In the case of relationship parts, it is guaranteed that
base URIs are pack URIs.  This is because the use
of xml:base for relationship parts is prohibited by the
sentence immediately preceding to 9.3.2.2 in
29500-2:2012, which is:
  The xml:base attribute shall not be used to specify a
  base URI for relationship XML content.


Perhaps, almost everything (except the last
bullet in A.3) in Annex A is a restatement of
the resolution algorithm in RFC 3986 and
RFC 3987.  A.1 and A.2 in 29500-2:2012
are such restatements.  I believe that A.3 is
questionable, because it deviates from
the generic algorithm in these RFCs and also
because it is not implemented by MS Office.

2)      Allow for the deep-references from outside of a package to an
> individual embedded resource inside the package, while still supporting
> MIME-type-specific fragment identifiers to identify subobjects within the
> addressed resource.
>

So, fragment identifiers of HTML should be usable for
locating fragments of HTML documents within OPC packages.
Thus, we should not use fragment identifiers for referencing
OPC parts.  We have to provide something as part of URIs
for referencing OPC parts.  Makes sense.


> 3)      Pack-scheme-aware client code could address and efficiently
> retrieve (via HTTP 1.1 byte-range requests) embedded resources from a
> package residing on a web-server without having any pack-scheme-aware or
> OPC-aware code running on the server.  (I don’t recall which, if any, of
> the multiple OPC implementations across Microsoft might have actually
> realized this design goal.)
>

This deserves to be explicitly specified as part of 29500-2.

>
> The second requirement implied that a fragment identifier couldn’t be used
> to target an embedded resources, because there is no MIME-type independent
> standard for composing  fragment identifiers (in this case, what would have
> been composing the fragment identifier identifying an embedded resource
> together with the fragment identifier identifying some sub-element within
> that resource).
>

Yes.


> The first requirement implied that query parameters could not be used to
> address individual embedded resources, because any such mechanism for using
> query parameter to specify “paths” to individual embedded resources
> wouldn’t relate in any way to ordinary relative references.
>
>
I agree that query parameters cannot be used for addressing OPC
parts, if we want to use existing fragment identifiers for OPC parts
(MIME entities) within OPC packages.


> I sometime think of an OPC package as web-server-in-a-box.

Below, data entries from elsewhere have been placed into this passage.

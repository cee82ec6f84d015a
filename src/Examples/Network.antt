-- ===== src/Examples/Network.antt =====
-- A concrete network to run the client on: keys are numbers of 32 bytes, every account answers the
-- same at all times, and every transaction is accepted.
use marinade_tenderize_from.Prelude.{
  ℕ, ◌+◌, ◌%◌, ◌^◌, ◌<◌, ◌≤◌, ◌≡◌, refl, ap, false, Option, some, List, [], ◌∷◌, arith, length,
  flatten, All, replicate, ◌==◌, if◌then◌else◌,
}
use mathlib.Core.HLevel.{Σ_prop_path}
use native.Mathlib.Bridge.{le_prop}
use marinade_tenderize_from.Buffer.{le_bytes, of_le}
use marinade_tenderize_from.Buffer.Bytes.{length-le_bytes, of_le-le_bytes}
use marinade_tenderize_from.Web3.{
  Web3, KeyLaws, ChunkLaws, AccountInfo, StakeActivationData, active, fulfilled,
}
use marinade_tenderize_from.Pool.Types.{TenderizeProgram}
use marinade_tenderize_from.Pool.Client.{Session}

abbrev pub Key : Type 0
Key = (n : ℕ) × (n < 256 ^ 32)

pub key_bound : (n : ℕ) → n % 256 ^ 32 < 256 ^ 32
key_bound n = omega arith

abbrev pub key : ℕ → Key
key n = (n % 256 ^ 32, key_bound n)

-- Chunks of one item each: in order, and not above any size.
unfoldable pub singles : {A : Type 0} → List A → List (List A)
singles [] = []
singles (x ∷ xs) = (x ∷ []) ∷ singles xs

singles-flatten : {A : Type 0} (xs : List A) → flatten (singles xs) ≡ xs
unfolding singles
singles-flatten [] = refl
singles-flatten (x ∷ xs) = ap (λ l. x ∷ l) (singles-flatten xs)

singles-le :
    {A : Type 0} (xs : List A) (size : ℕ) → 1 ≤ size → All (λ c. length c ≤ size) (singles xs)
unfolding singles
singles-le [] size h = tt
singles-le (x ∷ xs) size h = (omega arith, singles-le xs size h)

-- The pool's accounts: 1 the state, 2 the validators, 3 the creditors.
abbrev pub state_parts : List (List ℕ)
state_parts =
    (1 ∷ [])
    ∷ le_bytes 32 7
    ∷ replicate 2 0
    ∷ le_bytes 32 2
    ∷ le_bytes 32 3
    ∷ le_bytes 32 4
    ∷ le_bytes 32 5
    ∷ le_bytes 32 6
    ∷ le_bytes 32 8
    ∷ replicate 5 0
    ∷ le_bytes 8 100
    ∷ le_bytes 8 90
    ∷ le_bytes 8 3
    ∷ le_bytes 8 100
    ∷ le_bytes 8 3
    ∷ []

abbrev pub state_contents : List ℕ
state_contents = flatten state_parts

-- two validators, one with two stakes
abbrev pub validator_contents : List ℕ
validator_contents = flatten (
    (1 ∷ [])
    ∷ le_bytes 2 2
    ∷ le_bytes 32 21
    ∷ le_bytes 8 5000000000
    ∷ le_bytes 8 3
    ∷ le_bytes 8 2
    ∷ le_bytes 32 22
    ∷ le_bytes 8 1000000000
    ∷ le_bytes 8 3
    ∷ le_bytes 8 0
    ∷ [])

-- one creditor
abbrev pub creditor_contents : List ℕ
creditor_contents =
    flatten ((1 ∷ []) ∷ le_bytes 2 1 ∷ le_bytes 32 31 ∷ le_bytes 32 32 ∷ le_bytes 8 70 ∷ [])

unfoldable pub answer : ℕ → Option AccountInfo
unfolding le_bytes
answer n =
    if n == 1
    then some (record { lamports = 1; owner_is_system = false; contents = state_contents })
    else if n == 2
    then some (record { lamports = 1; owner_is_system = false; contents = validator_contents })
    else if n == 3
    then some (record { lamports = 1; owner_is_system = false; contents = creditor_contents })
    else some (record { lamports = 2000000000; owner_is_system = false; contents = [] })

abbrev pub all_active : StakeActivationData
all_active = record { state = active; active_amount = 2000000000; inactive_amount = 0 }

abbrev pub calm_network : Web3
calm_network = record {
  PublicKey = Key;
  new_public_key = λ bs. key (of_le bs);
  to_buffer = λ k. le_bytes 32 k.0;
  find_program_address = λ seeds k. key (of_le (flatten seeds) + k.0);
  system_program = key 101;
  stake_program = key 102;
  spl_token_program = key 103;
  stake_config = key 104;
  sysvar_clock = key 105;
  sysvar_rent = key 106;
  sysvar_stake_history = key 107;
  Net = Unit {0};
  get_account_info = λ k n. (fulfilled (answer k.0), n);
  get_stake_activation = λ k n. (fulfilled all_active, n);
  get_minimum_balance_for_rent_exemption = λ size n. (fulfilled (size + 128), n);
  send_and_confirm_transaction = λ t n. (fulfilled tt, n);
  chunk = λ A xs size. singles xs;
}

key_path : (k : Key) → key (of_le (le_bytes 32 k.0)) ≡ k
key_path k =
    Σ_prop_path (λ n. le_prop)
      (let same = of_le-le_bytes 32 k.0 k.1 in rw same (omega (arith, k.1)))

pub calm_key_laws : KeyLaws calm_network
calm_key_laws = record {
  length-to_buffer = λ k. length-le_bytes 32 k.0;
  new_public_key-to_buffer = key_path;
}

pub calm_chunk_laws : ChunkLaws calm_network
calm_chunk_laws = record {
  flatten-chunk = λ A xs size h. singles-flatten xs;
  chunk-le_size = λ A xs size h. singles-le xs size h;
}

abbrev pub client : TenderizeProgram Key
client = record {
  payer_account = key 11;
  program_account = key 12;
  stake_pool = key 1;
  owner = key 7;
  validator_stake_list_account = key 2;
  credit_list_account = key 3;
  pool_mint_token = key 4;
  owners_fee = key 5;
  credit_reserve = key 6;
}

abbrev pub start : Session calm_network
start = record { net = tt; sent = [] }
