-- ===== src/Examples/Commands.antt =====
-- The command line of experiment/cli.ts on the small network.
use marinade_tenderize_from.Prelude.{ℕ, ◌*◌, refl, [], ◌∷◌, ◌==◌}
use marinade_tenderize_from.Web3.{fulfilled}
use marinade_tenderize_from.Pool.Client.{get_reserve_address, account_info, rent_exemption, settled}
use marinade_tenderize_from.Cli.Steps.{Host, Args, update, top_up, run}
use marinade_tenderize_from.Cli.Deposits.{IsGreater, IsToppedUp, top_up-fills}
use marinade_tenderize_from.Effect.Ensures.{Ends}
use marinade_tenderize_from.Pool.Signed.{AllSigned}
use marinade_tenderize_from.Cli.Signed.{run-AllSigned}
use marinade_tenderize_from.Examples.Network.{Key, key, answer, calm_network, client, start}

abbrev a_host : Host calm_network
a_host = record {
  exec_shell_command = λ c net. (fulfilled tt, net);
  get_epoch_info = λ net. (fulfilled 4, net);
  get_vote_accounts = λ net. (fulfilled (key 21 ∷ key 23 ∷ []), net);
  equals = λ k k'. k.0 == k'.0;
  round_nine_tenths = λ n. n;
}

-- Five SOL are to be in the reserve, which has two; so has the payer.
abbrev five_sol : Args Key
five_sol = record { fee_denominator = 100; fee_numerator = 3; min_reserve = 5; command = update }

top_up-fills_example :
    (least : ℕ) × IsGreater (1000000000 * 5) 10256 least
    × IsToppedUp calm_network client a_host
        (answer (get_reserve_address calm_network client).0)
        (answer client.payer_account.0)
        least
        start
        start
        (top_up calm_network client a_host five_sol start)
unfolding account_info rent_exemption settled
top_up-fills_example =
    top_up-fills calm_network client a_host five_sol start start start start start
      (answer (get_reserve_address calm_network client).0) (answer client.payer_account.0) 128 10128
      refl refl refl refl

run-AllSigned_example :
    Ends
      (λ u s. AllSigned calm_network client.payer_account s)
      (λ e s. AllSigned calm_network client.payer_account s)
      (run calm_network client a_host five_sol start)
run-AllSigned_example = run-AllSigned calm_network client a_host five_sol start tt
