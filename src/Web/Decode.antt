-- ===== src/Web/Decode.antt =====
-- The decoders of src/utils/layout.ts, and TenderizeLayout and TenderizeParser of
-- src/models/lending/tenderize.ts. What they call of buffer-layout, bn.js and PublicKey is a
-- parameter.
use marinade_tenderize_from.Prelude.{
  ℕ, ◌+◌, ◌-◌, ◌*◌, ◌/◌, ◌%◌, ◌≡◌, ◌<◌, ◌≤◌, Option, none, some, List, [], ◌∷◌, ◌++◌, ltb,
  if◌then◌else◌, length, take, drop, All,
}
use marinade_tenderize_from.Effect.{Result, ok}
use marinade_tenderize_from.Buffer.{Buffer, ◌>>=◌, slice, of_le, read_uint_le}
use marinade_tenderize_from.Web3.{AccountInfo}
use marinade_tenderize_from.Web.Layout.{Libraries, reversed, tenderize_layout, span}

-- The i-th field of a structure of these spans is decoded at field_offset spans i. The digits of
-- new BN(digits, 16) are given by their values.
pub record Decoders (l : Libraries) (K : Type 0) : Type 0 where
  pub u8_decode : Buffer → ℕ → Result ℕ
  pub blob_decode : ℕ → Buffer → ℕ → Result (List ℕ)
  pub field_offset : List ℕ → ℕ → ℕ
  pub big_number_of_hex : List ℕ → l.BigNumber
  pub new_public_key : List ℕ → K

-- i.toString(16) of a byte
unfoldable pub hex_digits : ℕ → List ℕ
hex_digits i = if ltb i 16 then i ∷ [] else i / 16 ∷ i % 16 ∷ []

-- `00${i.toString(16)}`.slice(-2)
unfoldable pub two_digits : ℕ → List ℕ
unfolding hex_digits
two_digits i = let digits = 0 ∷ 0 ∷ hex_digits i in drop (length digits - 2) digits

-- .map(two digits).join("")
unfoldable pub joined : List ℕ → List ℕ
unfolding two_digits
joined [] = []
joined (b ∷ bs) = two_digits b ++ joined bs

-- What digits stand for, the most significant one first.
unfoldable pub of_hex : ℕ → List ℕ → ℕ
of_hex acc [] = acc
of_hex acc (x ∷ xs) = of_hex (16 * acc + x) xs

abbrev pub value : (l : Libraries) → l.BigNumber → ℕ
value l n = of_le (reversed (l.to_array n))

-- The documented behaviour, where the bytes are there.
pub record DecoderLaws {l : Libraries} {K : Type 0} (r : Decoders l K) : Type 0 where
  pub u8_decode-reads : (d : Buffer) (p : ℕ) → p < length d → r.u8_decode d p ≡ read_uint_le 1 d p
  pub blob_decode-slices :
      (n : ℕ) (d : Buffer) (p : ℕ) → p + n ≤ length d → r.blob_decode n d p ≡ ok (slice d p (p + n))
  pub field_offset-sums : (ss : List ℕ) (i : ℕ) → r.field_offset ss i ≡ span (take i ss)
  pub big_number_of_hex-value :
      (digits : List ℕ)
      → All (λ x. x < 16) digits
      → value l (r.big_number_of_hex digits) ≡ of_hex 0 digits
  pub array-bytes : (n : ℕ) → All (λ b. b < 256) (reversed (l.to_array (l.new_big_number n)))

-- interface Tenderize
pub record TenderizeInfo (l : Libraries) (K : Type 0) : Type 0 where
  pub version : ℕ
  pub owner : K
  pub validator_stake_list : K
  pub credit_list : K
  pub pool_mint : K
  pub owner_fee_account : K
  pub credit_reserve : K
  pub token_program : K
  pub stake_total : l.BigNumber
  pub pool_total : l.BigNumber
  pub last_epoch_update : l.BigNumber
  pub fee_denominator : l.BigNumber
  pub fee_numerator : l.BigNumber

pub record ParsedTenderize (l : Libraries) (K : Type 0) : Type 0 where
  pub pubkey : K
  pub account : AccountInfo
  pub info : TenderizeInfo l K

module _ (l : Libraries) {K : Type 0} (r : Decoders l K) where
  -- publicKey(...).decode
  unfoldable pub public_key_decode : Buffer → ℕ → Result K
  public_key_decode d p = do data_bytes ← r.blob_decode 32 d p; ok (r.new_public_key data_bytes)

  -- uint64(...).decode and uint128(...).decode
  unfoldable pub uint64_decode : Buffer → ℕ → Result l.BigNumber
  unfolding joined reversed
  uint64_decode d p = do
    data_bytes ← r.blob_decode 8 d p
    ok (r.big_number_of_hex (joined (reversed data_bytes)))

  unfoldable pub uint128_decode : Buffer → ℕ → Result l.BigNumber
  unfolding joined reversed
  uint128_decode d p = do
    data_bytes ← r.blob_decode 16 d p
    ok (r.big_number_of_hex (joined (reversed data_bytes)))

  -- TenderizeLayout.decode(buffer). Of two fields named `padding` neither is in the interface.
  unfoldable pub tenderize_decode : Buffer → Result (TenderizeInfo l K)
  unfolding public_key_decode uint64_decode
  tenderize_decode d = do
    let at = r.field_offset tenderize_layout
    version ← r.u8_decode d (at 0)
    owner ← public_key_decode d (at 1)
    padding ← r.blob_decode 2 d (at 2)
    validator_stake_list ← public_key_decode d (at 3)
    credit_list ← public_key_decode d (at 4)
    pool_mint ← public_key_decode d (at 5)
    owner_fee_account ← public_key_decode d (at 6)
    credit_reserve ← public_key_decode d (at 7)
    token_program ← public_key_decode d (at 8)
    padding' ← r.blob_decode 5 d (at 9)
    stake_total ← uint64_decode d (at 10)
    pool_total ← uint64_decode d (at 11)
    last_epoch_update ← uint64_decode d (at 12)
    fee_denominator ← uint64_decode d (at 13)
    fee_numerator ← uint64_decode d (at 14)
    ok (record {
      version = version;
      owner = owner;
      validator_stake_list = validator_stake_list;
      credit_list = credit_list;
      pool_mint = pool_mint;
      owner_fee_account = owner_fee_account;
      credit_reserve = credit_reserve;
      token_program = token_program;
      stake_total = stake_total;
      pool_total = pool_total;
      last_epoch_update = last_epoch_update;
      fee_denominator = fee_denominator;
      fee_numerator = fee_numerator;
    })

  -- Nothing is parsed of a missing account, or of one without contents.
  unfoldable pub parse_contents : K → AccountInfo → Buffer → Result (Option (ParsedTenderize l K))
  unfolding tenderize_decode
  parse_contents pubkey info [] = ok none
  parse_contents pubkey info (b ∷ bs) = do
    decoded ← tenderize_decode (b ∷ bs)
    ok (some (record { pubkey = pubkey; account = info; info = decoded }))

  unfoldable pub tenderize_parser : K → Option AccountInfo → Result (Option (ParsedTenderize l K))
  unfolding parse_contents
  tenderize_parser pubkey none = ok none
  tenderize_parser pubkey (some info) = parse_contents pubkey info info.contents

Incidentally, I have thought something very similar for
EPUB packages, which are going to have content-
negotiation-in-a-box.


> The authority component of a the URI identifies a self-contained domain.


True.


> And composing an authority-free relative reference with an absolute URI
> reference to an embedded resource can never escape the confines of the
> containing package, just as


What I suggested is different.   But I won't go into the details.
I would like to honor the original design motivation and improve
the text.  I see a *lot* of rooms for improvements.


composing an authority-free relative reference with an absolute URI
> reference to web-server-hosted resource can never escape the confines of
> that web-server .  And, contained within the package is sufficient
> information to report the mime-type of every embedded resource, just as is
> typical of an HTTP server.
>
> If one has a web-site of resources that reference each other only via
> relative references, then those resources can be zipped up into an OPC
> package without tampering with any of those relative references. (Although
> one would have to explicitly capture the MIME-types of the embedded
> resources as they would be reported by the original HTTP server.)
>
>
I doubt this, since relative references within a relationship part are
resolved
with respect to the source part rather than the relationship part.


>
> [Resolving Relative References]
> IMO the benefit of having pack uri defined in the OPC is to leverage (and
> to be compliant with) the Reference Resolution spec, which is much more
> complicated than just prepending the source part name. If we do not define
> the base URI for the part as pack://<authority>/<part name>, we’ll have to
> specify the resolution algorithm in the standard. Now we just say in A.3 -
>

I think that using pack URIs from both inside and outside is
a bigger advantage.  I still doubt A.3, since it deviates from
the resolution algorithm in the two RFCs.

Regards,
Makoto


> 10.   Resolve the relative reference against the base URI of the part
> holding the Unicode string, as it is defined in §5.2 of RFC 3986. The path
> component of the resulting absolute URI is the part name.
>
> Also the schema give us the standard place to define case-insensitive path
> (and part name).
>
>
> -----Original Message-----
> From: eb2mmrt at gmail.com [mailto:eb2mmrt at gmail.com] On Behalf Of MURATA
> Makoto
> Sent: Wednesday, January 8, 2014 10:56 PM
> To: SC34
> Subject: Re: OPC part names and referenes
>
> John,
>
>
> >> 2) Resolution of relative URI references
> > I'm not sure I completely understand this.  Are you proposing to
> eliminate using pack URIs to resolve a relative reference (either an
> absolute-path reference or a relative-path reference) that is the value of
> a Target attribute of a Relationship element?
>
> Right.  To resolve relative-path references, we only have to prepend the
> source part name.  I'm not saying that the pack scheme should not be used
> anywhere.  I'm just saying that it should not be used for resolving
> absolute-path or relative-path references.
>
> >> Neither OPC part references (or Unicode strings as specified in Annex
> A) nor OPC part names contain schemes (e.g., http:).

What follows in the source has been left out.